What the task requires: What is needed is the complete listing, repeated exactly.

• • • •

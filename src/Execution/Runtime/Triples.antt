-- ===== src/Execution/Runtime/Triples.antt =====
-- Statements about a run by the idempotency records before it, and by its result and the records
-- after it, where it returns one.
use agent_actum.Base.{◌≡◌, ap, ◌∙◌, sym, subst}
use agent_actum.Model.Exec.{ok, Exec, ◌>>=◌, >>=-eq-ok}
use agent_actum.Model.Host.{Host}
use agent_actum.Execution.Models.{ExecutionResult}
use agent_actum.Execution.Runtime.Defs.{Runtime, World, Run}
use agent_actum.Execution.Runtime.Invocation.{note}
use agent_actum.Execution.Runtime.Calls.{Quiet-append_event}
use agent_actum.Execution.Runtime.Paths.{Statement, Steps}

module _ {L I : Type 0} (h : Host) (rt : Runtime L I) (run : Run) (Pre : I → Type 0)
    (Post : ExecutionResult → I → Type 0) where
  abbrev pub Triple : Statement h rt run
  Triple n w x =
      (t : World L I) (a : ExecutionResult)
      → Pre w.idempotency
      → x ≡ (ok a, t)
      → Post a t.idempotency

  -- A step that leaves the records alone, and what follows it.
  pub Triple-bind :
      {B : Type 0} (m : Exec (World L I) B) (f : B → Exec (World L I) ExecutionResult)
      (w : World L I)
      → (m w).1.idempotency ≡ w.idempotency
      → ((b : B) (u : World L I) → m w ≡ (ok b, u) → Triple 0 u (f b u))
      → Triple 0 w ((m >>= f) w)
  Triple-bind m f w same k t a p e =
      let (b, u, first, e') = >>=-eq-ok m f w t e in
      let same_records : u.idempotency ≡ w.idempotency =
        ap (λ q. q.1.idempotency) (sym first) ∙ same in
      k b u first t a (subst Pre (sym same_records) p) e'

  pub Triple-Steps : Steps h rt run Triple
  Triple-Steps = record {
    after = λ B n m f q k w. Triple-bind m f w (q.records w) (λ b u. k b w u);
    event = λ n y x d f k w.
        Triple-bind (note h rt run y x d) f w ((Quiet-append_event h rt _).records w)
          (λ b u _. k b u);
  }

• • • •

Task output:
filename src/Execution/Runtime/Triples.antt
-- ===== src/Execution/Runtime/Triples.antt =====
-- Statements about a run by the idempotency records before it, and by its result and the records
-- after it, where it returns one.
use agent_actum.Base.{◌≡◌, ap, ◌∙◌, sym, subst}
use agent_actum.Model.Exec.{ok, Exec, ◌>>=◌, >>=-eq-ok}
use agent_actum.Model.Host.{Host}
use agent_actum.Execution.Models.{ExecutionResult}
use agent_actum.Execution.Runtime.Defs.{Runtime, World, Run}
use agent_actum.Execution.Runtime.Invocation.{note}
use agent_actum.Execution.Runtime.Calls.{Quiet-append_event}
use agent_actum.Execution.Runtime.Paths.{Statement, Steps}

module _ {L I : Type 0} (h : Host) (rt : Runtime L I) (run : Run) (Pre : I → Type 0)
    (Post : ExecutionResult → I → Type 0) where
  abbrev pub Triple : Statement h rt run
  Triple n w x =
      (t : World L I) (a : ExecutionResult)
      → Pre w.idempotency
      → x ≡ (ok a, t)
      → Post a t.idempotency

  -- A step that leaves the records alone, and what follows it.
  pub Triple-bind :
      {B : Type 0} (m : Exec (World L I) B) (f : B → Exec (World L I) ExecutionResult)
      (w : World L I)
      → (m w).1.idempotency ≡ w.idempotency
      → ((b : B) (u : World L I) → m w ≡ (ok b, u) → Triple 0 u (f b u))
      → Triple 0 w ((m >>= f) w)
  Triple-bind m f w same k t a p e =
      let (b, u, first, e') = >>=-eq-ok m f w t e in
      let same_records : u.idempotency ≡ w.idempotency =
        ap (λ q. q.1.idempotency) (sym first) ∙ same in
      k b u first t a (subst Pre (sym same_records) p) e'

  pub Triple-Steps : Steps h rt run Triple
  Triple-Steps = record {
    after = λ B n m f q k w. Triple-bind m f w (q.records w) (λ b u. k b w u);
    event = λ n y x d f k w.
        Triple-bind (note h rt run y x d) f w ((Quiet-append_event h rt _).records w)
          (λ b u _. k b u);
  }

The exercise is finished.